Should you discover such entries that require removal, identify the corresponding "id" value within the Browse Data tab and utilize the Delete Record button. Save your modifications to finalize the deletion.
This capability is beneficial not only for eliminating sensitive data but also for removing outdated information like old email addresses or phone numbers, without the need to clear your entire browsing history.
Important Note: Regularly reviewing and managing your Firefox profile data is a proactive step towards maintaining your online privacy and security.

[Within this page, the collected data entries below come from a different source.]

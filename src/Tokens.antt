-- ===== src/Tokens.antt =====
-- pallets/tokens/src/lib.rs: social accounts, staking and the bonus, kept in one pool account of
-- the underlying currency. The storage is `TokensState`; a method takes it and returns the new one.
pub mod Calls
pub mod Flow
pub mod Laws
pub mod Solvency
mod Tests
use zero_dao_node.Base.{
  ℕ, ◌+◌, ◌-◌, ◌/◌, ◌%◌, Bool, not, ◌&&◌, Option, none, some, List, [], ◌∷◌, ltb, leb, ◌==◌,
  if◌then◌else◌, u32, u128, checked_add, checked_sub, saturating_add, saturating_sub,
  saturating_mul, length,
}
use zero_dao_node.Base.StorageMap.{StorageMap, get_or, insert}
use zero_dao_node.Dispatch.{Result, ok, err, ◌>>=◌, ok_or, DispatchError, TokensError}
use zero_dao_node.External.{Perbill, MultiCurrency}
use zero_dao_node.Primitives.{min_trust_count}
use zero_dao_node.Primitives.Fee.{pre_share, pre_reserved, pre_burn, pre_fee}

-- Balance information for an account.
pub record SocialAccount : Type 0 where
  pub pending : ℕ
  pub social : ℕ

abbrev pub default_account : SocialAccount
default_account = record { pending = 0; social = 0 }

-- The total balance in this account.
abbrev pub total : SocialAccount → ℕ
total a = saturating_add u128 a.pending a.social

pub data Event : Type 0 where
  transferred_social : ℕ → ℕ → ℕ → Event
  claimed : ℕ → Event

-- The storage: that of the currency, `Bonus`, `Accounts`, `TotalStaking`, and the events deposited
-- so far, the last one first.
pub record TokensState (Q : Type 0) : Type 0 where
  pub currency : Q
  pub bonus : ℕ
  pub accounts : StorageMap SocialAccount
  pub total_staking : ℕ
  pub events : List Event

-- `Config`: the currency at `BaceToken`, and the account of the pool.
pub record Config (Q : Type 0) : Type 0 where
  pub perbill : Perbill
  pub multi_currency : MultiCurrency Q
  pub social_pool : ℕ

abbrev tokens_err : TokensError → DispatchError
tokens_err = DispatchError.tokens

-- The loop of `share_and_reserv`: every trustee gets the share.
pub share_to : ℕ → List ℕ → StorageMap SocialAccount → StorageMap SocialAccount
share_to amount [] m = m
share_to amount (t ∷ ts) m =
    let a = get_or default_account t m in
    share_to amount ts (insert t (record a { social = saturating_add u128 a.social amount }) m)

-- `checked_div` of the amount by the number of trustees, at least `min_trust_count`; that number
-- is cast to `u32`.
abbrev pub share_amount : List ℕ → ℕ → Option ℕ
share_amount trustees amount =
    let count = length trustees % u32 in
    let divisor = if ltb count min_trust_count then min_trust_count else count in
    if divisor == 0 then none else some (amount / divisor)

abbrev is_empty : List ℕ → Bool
is_empty [] = Bool.true
is_empty (t ∷ ts) = Bool.false

abbrev pub split_share :
    List ℕ → ℕ → Option ℕ → StorageMap SocialAccount → StorageMap SocialAccount × ℕ
split_share trustees amount (some share) m =
    (share_to share trustees m, saturating_sub amount (saturating_mul u128 share (length trustees)))
split_share trustees amount none m = (m, amount)

module _ {Q : Type 0} where
  -- `Accounts::get`
  abbrev pub account_of : ℕ → TokensState Q → SocialAccount
  account_of who s = get_or default_account who s.accounts

  unfoldable pub set_social_balance : ℕ → ℕ → TokensState Q → TokensState Q
  set_social_balance who amount s = record s {
    accounts = insert who (record (account_of who s) { social = amount }) s.accounts;
  }

  unfoldable pub set_pending_balance : ℕ → ℕ → TokensState Q → TokensState Q
  set_pending_balance who amount s = record s {
    accounts = insert who (record (account_of who s) { pending = amount }) s.accounts;
  }

  unfoldable pub do_staking : ℕ → TokensState Q → TokensState Q
  do_staking amount s = record s { total_staking = saturating_add u128 s.total_staking amount }

  unfoldable pub add_bonus : ℕ → TokensState Q → TokensState Q
  add_bonus amount s = record s { bonus = saturating_add u128 s.bonus amount }

  unfoldable pub try_add_bonus : ℕ → TokensState Q → Result (TokensState Q)
  try_add_bonus amount s = do
    b ← ok_or (checked_add u128 s.bonus amount) (tokens_err TokensError.overflow)
    ok (record s { bonus = b })

  unfoldable pub try_cut_bonus : ℕ → TokensState Q → Result (TokensState Q)
  try_cut_bonus amount s = do
    b ← ok_or (checked_sub s.bonus amount) (tokens_err TokensError.bonus_too_low)
    ok (record s { bonus = b })

  unfoldable pub share_and_reserv : ℕ → List ℕ → ℕ → ℕ → TokensState Q → TokensState Q
  share_and_reserv from trustees total_share_amount reserved_amount s =
      let (m, remaining_share) =
        if not (is_empty trustees) && not (total_share_amount == 0)
        then split_share trustees total_share_amount (share_amount trustees total_share_amount)
            s.accounts
        else (s.accounts, 0) in
      record s {
        accounts = insert from (record { pending = reserved_amount; social = remaining_share }) m;
      }

-- `impl MultiBaseToken for Pallet`.
module _ {Q : Type 0} (cfg : Config Q) where
  open cfg use {multi_currency, social_pool}

  abbrev pub get_bonus_amount : TokensState Q → ℕ
  get_bonus_amount s = s.bonus

  abbrev pub free_balance : ℕ → TokensState Q → ℕ
  free_balance who s = multi_currency.free_balance who s.currency

  abbrev pub actual_balance : ℕ → TokensState Q → ℕ
  actual_balance who s = saturating_add u128 (free_balance who s) (total (account_of who s))

  abbrev pub pending_balance : ℕ → TokensState Q → ℕ
  pending_balance who s = (account_of who s).pending

  abbrev pub social_balance : ℕ → TokensState Q → ℕ
  social_balance who s = (account_of who s).social

  unfoldable pub pay_with_pending : ℕ → ℕ → TokensState Q → Result (TokensState Q)
  pay_with_pending from amount s =
      let pending = pending_balance from s in
      if leb amount pending then ok (set_pending_balance from (pending - amount) s) else do
        q ← multi_currency.transfer from social_pool (amount - pending) s.currency
        ok (set_pending_balance from 0 (record s { currency = q }))

  unfoldable pub transfer_social : ℕ → ℕ → ℕ → TokensState Q → Result (TokensState Q)
  transfer_social from to amount s = do
    to_social_balance ←
        ok_or (checked_add u128 (social_balance to s) amount) (tokens_err TokensError.overflow)
    s' ← pay_with_pending from amount s
    ok (set_social_balance to to_social_balance s')

  unfoldable pub staking : ℕ → ℕ → TokensState Q → Result (TokensState Q)
  staking who amount s = do s' ← pay_with_pending who amount s; ok (do_staking amount s')

  unfoldable pub release : ℕ → ℕ → TokensState Q → Result (TokensState Q)
  release who amount s = do
    total_staking ←
        ok_or (checked_sub s.total_staking amount) (tokens_err TokensError.staking_amount_too_low)
    q ← multi_currency.transfer social_pool who amount s.currency
    ok (record s { currency = q; total_staking = total_staking })

  unfoldable pub share : ℕ → List ℕ → TokensState Q → TokensState Q × ℕ
  share who targets s =
      let pb = cfg.perbill in
      let social = social_balance who s in
      let total_share_amount = pb.mul_floor (pre_share pb) social in
      let reserved_amount = pb.mul_floor (pre_reserved pb) social in
      let burn_amount = pb.mul_floor (pre_burn pb) social in
      let fee_amount = pb.mul_floor (pre_fee pb) social in
      let pre_reward =
        saturating_sub
          (saturating_sub
            (saturating_sub (saturating_sub social total_share_amount) reserved_amount) burn_amount)
          fee_amount in
      let slashed = record s {
        currency = multi_currency.slash social_pool burn_amount s.currency;
      } in
      let shared = share_and_reserv who targets total_share_amount reserved_amount slashed in
      (add_bonus pre_reward (do_staking fee_amount shared), fee_amount)

  unfoldable pub increase_bonus : ℕ → ℕ → TokensState Q → Result (TokensState Q)
  increase_bonus who amount s = do s' ← staking who amount s; try_add_bonus amount s'

  unfoldable pub cut_bonus : ℕ → TokensState Q → Result (TokensState Q)
  cut_bonus amount s = try_cut_bonus amount s

  unfoldable pub claim : ℕ → TokensState Q → Result (TokensState Q)
  claim who s = do
    let account = account_of who s
    q ← multi_currency.transfer social_pool who account.pending s.currency
    ok (record s {
      currency = q;
      accounts = insert who (record account { pending = 0 }) s.accounts;
    })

Additional Profile Databases
Beyond the databases already examined, several other SQLite databases within the Firefox profile are available for investigation, all identifiable by the ".sqlite" extension. These can be accessed and explored using the SQLite Database Browser, following the same procedure outlined previously.
Database Descriptions
The following databases contain potentially useful information regarding your Firefox usage and configuration.
- addons.sqlite: This database maintains records of installed add-ons, including installation details. It's primarily utilized for managing and updating your installed extensions.
- content-prefs.sqlite: This file stores website-specific preferences and user settings. An example of the data held within includes the default directory used for file uploads.
- downloads.sqlite: Details concerning items listed in your Firefox download history are contained within this database.
- extensions.sqlite: Similar to addons.sqlite, this database provides information about installed add-ons. While not offering groundbreaking insights, it can be a resource for detailed add-on specifics.
- formhistory.sqlite: As previously discussed, this database stores all non-password form data saved by Firefox.
- signons.sqlite: This database securely stores your saved login credentials. Passwords are encrypted using your master password, but usage counts for each login are visible.
Exploration of these databases may reveal interesting data. Should you uncover anything noteworthy, consider sharing your findings.
Further investigation into these files could prove beneficial.
Download the SQLite Database Browser to begin your analysis.